図1〜図6は、第1実施形態に係る表面化粧パネルの一例、これを備えた化粧パネルの一例及びパネル製造方法の一例を模式的に示す図である。
また、本実施形態に係る化粧パネル1は、図1に示すように、この表面化粧パネル20を、パネル芯材10に貼着した構成とされている。また、パネル芯材10のパネル厚さ方向両側に表面化粧パネル20,20を設けた構成としている。
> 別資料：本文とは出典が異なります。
-- ===== src/Hostfsd/Serve/Invariant.antt =====
-- The invariant of the tables of handles, and that every request keeps it.
use shinogi.Base.{
  ℕ, ◌-◌, Bool, true, false, not, ◌&&◌, List, [], ◌∷◌, Bytes, ◌≡◌, inl, inr, refl, ap, ◌∙◌, arith,
  length, set, length-set, ◌==◌, if◌then◌else◌, All, All-set, All-replicate, Option-cases,
}
use shinogi.Base.Result.{Result-cases}
use shinogi.Hostfsd.Config.{Config}
use shinogi.Hostfsd.Daemon.{
  max_files, max_dirs, DirHandle, free_dir, dir_of, dir_release, Daemon, Request, Reply, reset_dirs,
  handles_reset, start,
}
use shinogi.Hostfsd.Daemon.Tables.{length-reset_files, length-reset_dirs}
use shinogi.Hostfsd.Dirs.{opendir_at, opendir_op, dir_snapshot, closedir_op}
use shinogi.Hostfsd.Dirs.Snapshot.{IsSorted, dir_snapshot-listing}
use shinogi.Hostfsd.Files.{take_slot, open_resolved, open_op, close_op, write_at, write_op}
use shinogi.Hostfsd.Host.{Host}
use shinogi.Hostfsd.Names.{component_ok}
use shinogi.Hostfsd.Path.{resolve_path}
use shinogi.Hostfsd.Proto.{
  Op, op_hello, op_open, op_close, op_read, op_write, op_stat, op_opendir, op_readdir, op_closedir,
  op_create, op_delete, op_rename, op_mkdir, op_rmdir, op_setattr, op_dfree, op_caps,
  op_readdir_batch, unknown, proto_version,
}
use shinogi.Hostfsd.Serve.{is_refused, hello_op, dispatch, answer}
use shinogi.Hostfsd.Serve.Tables.{
  KeepsTables, path_op-KeepsTables, rename_op-KeepsTables, setattr_op-KeepsTables,
  stat_op-KeepsTables, dfree_op-KeepsTables, read_op-KeepsTables, readdir_op-KeepsTables,
}

-- A snapshot holds vetted names in order, and a slot that is not in use holds none.
pub record IsSnapshot (h : DirHandle) : Type 0 where
  pub vetted : All (λ n. component_ok n ≡ true) h.names
  pub sorted : IsSorted h.names
  pub empty : h.used ≡ false → h.names ≡ []

pub record IsSound {Os : Type 0} (d : Daemon Os) : Type 0 where
  pub files_size : length d.files ≡ max_files
  pub dirs_size : length d.dirs ≡ max_dirs
  pub snapshots : All IsSnapshot d.dirs

released : (h : DirHandle) → IsSnapshot (dir_release h)
released h = record { vetted = tt; sorted = tt; empty = λ _. refl }

released_if :
    (b : Bool) (h : DirHandle) → IsSnapshot h → IsSnapshot (if b then dir_release h else h)
released_if true h s = released h
released_if false h s = s

reset_dirs-IsSnapshot : (ds : List DirHandle) → All IsSnapshot ds → All IsSnapshot (reset_dirs ds)
unfolding reset_dirs
reset_dirs-IsSnapshot [] s = tt
reset_dirs-IsSnapshot (h ∷ ds) (s, ss) = (released_if h.used h s, reset_dirs-IsSnapshot ds ss)

module _ (H : Host) (cfg : Config) (d : Daemon H.Os) (s : IsSound d) where
  -- A request that changes at most which files are open.
  by_files : (d' : Daemon H.Os) → length d'.files ≡ length d.files → d'.dirs ≡ d.dirs → IsSound d'
  by_files d' n e = record {
    files_size = n ∙ s.files_size;
    dirs_size = ap (length {0}) e ∙ s.dirs_size;
    snapshots = rw e s.snapshots;
  }

  keeps : (d' : Daemon H.Os) → KeepsTables d d' → IsSound d'
  keeps d' (f, e) = by_files d' (ap (length {0}) f) e

  -- A request that writes a sound snapshot to one slot.
  by_dir : (i : ℕ) (h : DirHandle) → IsSnapshot h → IsSound (record d { dirs = set d.dirs i h })
  by_dir i h ok_h = record {
    files_size = s.files_size;
    dirs_size = length-set d.dirs i h ∙ s.dirs_size;
    snapshots = All-set IsSnapshot d.dirs i h s.snapshots ok_h;
  }

  -- The table of files keeps its size, and the table of directories stays.
  abbrev KeepsSize : Daemon H.Os → Type 0
  KeepsSize d' = (length d'.files ≡ length d.files) × (d'.dirs ≡ d.dirs)

  open_op-KeepsSize :
      (creating : Bool) (a : ℕ) (payload : Bytes) → KeepsSize (open_op H cfg creating a payload d).1
  unfolding open_op open_resolved take_slot
  open_op-KeepsSize creating a payload = grind (arith, length-set)

  close_op-KeepsSize : (a : ℕ) → KeepsSize (close_op H a d).1
  unfolding close_op
  close_op-KeepsSize a = grind (arith, length-set)

  write_op-KeepsSize : (a b : ℕ) (payload : Bytes) → KeepsSize (write_op H a b payload d).1
  unfolding write_op write_at
  write_op-KeepsSize a b payload = grind (arith, length-set)

  opendir_at-IsSound : (i : ℕ) (path : Bytes) → IsSound (opendir_at H i path d).1
  unfolding opendir_at
  opendir_at-IsSound i path = elim (Result-cases (dir_snapshot H d.os path)) [
    | inr (e, m) ↦ rw (m, opendir_at) s
    | inl (names, m) ↦
        let (_, _, sorted, _, vetted) = dir_snapshot-listing H d.os path names m in
        rw (m, opendir_at)
          (by_dir i _ (record { vetted = vetted; sorted = sorted; empty = λ e. absurd (cc) }))
  ]

  either :
      (b : Bool) (x y : Reply × Daemon H.Os)
      → IsSound x.1
      → IsSound y.1
      → IsSound (if b then x else y).1
  either true x y h k = h
  either false x y h k = k

  opendir_op-IsSound : (payload : Bytes) → IsSound (opendir_op H cfg payload d).1
  unfolding opendir_op
  opendir_op-IsSound payload = elim (Result-cases (resolve_path H d.os cfg.root payload)) [
    | inr (e, m) ↦ rw (m, opendir_op) s
    | inl (path, m) ↦
        rw (m, opendir_op)
          (either (free_dir d.dirs == max_dirs) _ (opendir_at H (free_dir d.dirs) path d) s
            (opendir_at-IsSound (free_dir d.dirs) path))
  ]

  closedir_op-IsSound : (a : ℕ) → IsSound (closedir_op a d).1
  unfolding closedir_op
  closedir_op-IsSound a = elim (Option-cases (dir_of d.dirs a)) [
    | inl e ↦ rw (e, closedir_op) s
    | inr (h, e) ↦ rw (e, closedir_op) (by_dir (a - 1) (dir_release h) (released h))
  ]

  handles_reset-IsSound : IsSound (handles_reset H d)
  unfolding handles_reset
  handles_reset-IsSound = record {
    files_size = length-reset_files H d.files d.os ∙ s.files_size;
    dirs_size = length-reset_dirs d.dirs ∙ s.dirs_size;
    snapshots = reset_dirs-IsSnapshot d.dirs s.snapshots;
  }

  by_size : (d' : Daemon H.Os) → KeepsSize d' → IsSound d'
  by_size d' (n, e) = by_files d' n e

  dispatch-IsSound : (op : Op) (r : Request) → IsSound (dispatch H cfg op r d).1
  unfolding dispatch hello_op
  dispatch-IsSound op_hello r =
      either (not (r.a == proto_version)) _ (_, handles_reset H d) s handles_reset-IsSound
  dispatch-IsSound op_caps r = s
  dispatch-IsSound unknown r = s
  dispatch-IsSound op_open r = by_size _ (open_op-KeepsSize false r.a r.payload)
  dispatch-IsSound op_create r = by_size _ (open_op-KeepsSize true r.a r.payload)
  dispatch-IsSound op_close r = by_size _ (close_op-KeepsSize r.a)
  dispatch-IsSound op_write r = by_size _ (write_op-KeepsSize r.a r.b r.payload)
  dispatch-IsSound op_opendir r = opendir_op-IsSound r.payload
  dispatch-IsSound op_closedir r = closedir_op-IsSound r.a
  dispatch-IsSound op_read r = keeps _ (read_op-KeepsTables H cfg d r.a r.b r.c)
  dispatch-IsSound op_stat r = keeps _ (stat_op-KeepsTables H cfg d r.payload)
  dispatch-IsSound op_readdir r = keeps _ (readdir_op-KeepsTables H cfg d false r.a r.b)
  dispatch-IsSound op_readdir_batch r = keeps _ (readdir_op-KeepsTables H cfg d true r.a r.b)
  dispatch-IsSound op_delete r = keeps _ (path_op-KeepsTables H cfg d H.unlink r.payload)
  dispatch-IsSound op_mkdir r = keeps _ (path_op-KeepsTables H cfg d H.make_dir r.payload)
  dispatch-IsSound op_rmdir r = keeps _ (path_op-KeepsTables H cfg d H.remove_dir r.payload)
  dispatch-IsSound op_rename r = keeps _ (rename_op-KeepsTables H cfg d r.payload)
  dispatch-IsSound op_setattr r = keeps _ (setattr_op-KeepsTables H cfg d r.a r.payload)
  dispatch-IsSound op_dfree r = keeps _ (dfree_op-KeepsTables H cfg d)

  pub answer-IsSound : (r : Request) → IsSound (answer H cfg r d).1
  unfolding answer
  answer-IsSound r =
      either (cfg.read_only && is_refused r.op r.a) _ (dispatch H cfg r.op r d) s
        (dispatch-IsSound r.op r)

-- The states that the helper can be in: after its start, after a request or a reset, and after
-- other programs have changed the host's files.
pub data IsReachable (H : Host) (cfg : Config) : Daemon H.Os → Type 0 where
  at_start : (os : H.Os) → IsReachable H cfg (start H os)
  by_request :
      {d : Daemon H.Os} (r : Request) → IsReachable H cfg d → IsReachable H cfg (answer H cfg r d).1
  by_reset : {d : Daemon H.Os} → IsReachable H cfg d → IsReachable H cfg (handles_reset H d)
  by_others :
      {d : Daemon H.Os} (os : H.Os) → IsReachable H cfg d → IsReachable H cfg (record d { os = os })

-- In every state that the helper can reach, the tables have their sizes, each snapshot is sorted
-- and holds only names that pass the vetting, and a slot that is not in use holds no names.
pub IsReachable-IsSound :
    (H : Host) (cfg : Config) (d : Daemon H.Os) → IsReachable H cfg d → IsSound d
IsReachable-IsSound H cfg d (at_start os) = record {
  files_size = refl;
  dirs_size = refl;
  snapshots =
      All-replicate IsSnapshot max_dirs _ (record { vetted = tt; sorted = tt; empty = λ _. refl });
}
IsReachable-IsSound H cfg d (by_request {d = d'} r h) =
    answer-IsSound H cfg d' (IsReachable-IsSound H cfg d' h) r
IsReachable-IsSound H cfg d (by_reset {d = d'} h) =
    handles_reset-IsSound H cfg d' (IsReachable-IsSound H cfg d' h)
IsReachable-IsSound H cfg d (by_others {d = d'} os h) =
    let s = IsReachable-IsSound H cfg d' h in
    record { files_size = s.files_size; dirs_size = s.dirs_size; snapshots = s.snapshots }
例えば、化粧パネル1を、建具パネルとして用いられるものとした場合には、当該化粧パネル1の上下寸法(戸高寸法)を1800mm〜3000mm程度とし、戸幅寸法を600mm〜1200mm程度とし、戸厚寸法を20mm〜40mm程度としてもよい。また、この場合には、化粧パネル1の適所に、開閉する際のハンドルや引手等を設けたり、錠装置や、蝶番等の回転連結部材、ランナーや戸車等の走行部材、ガイド溝等を設けたりしてもよい。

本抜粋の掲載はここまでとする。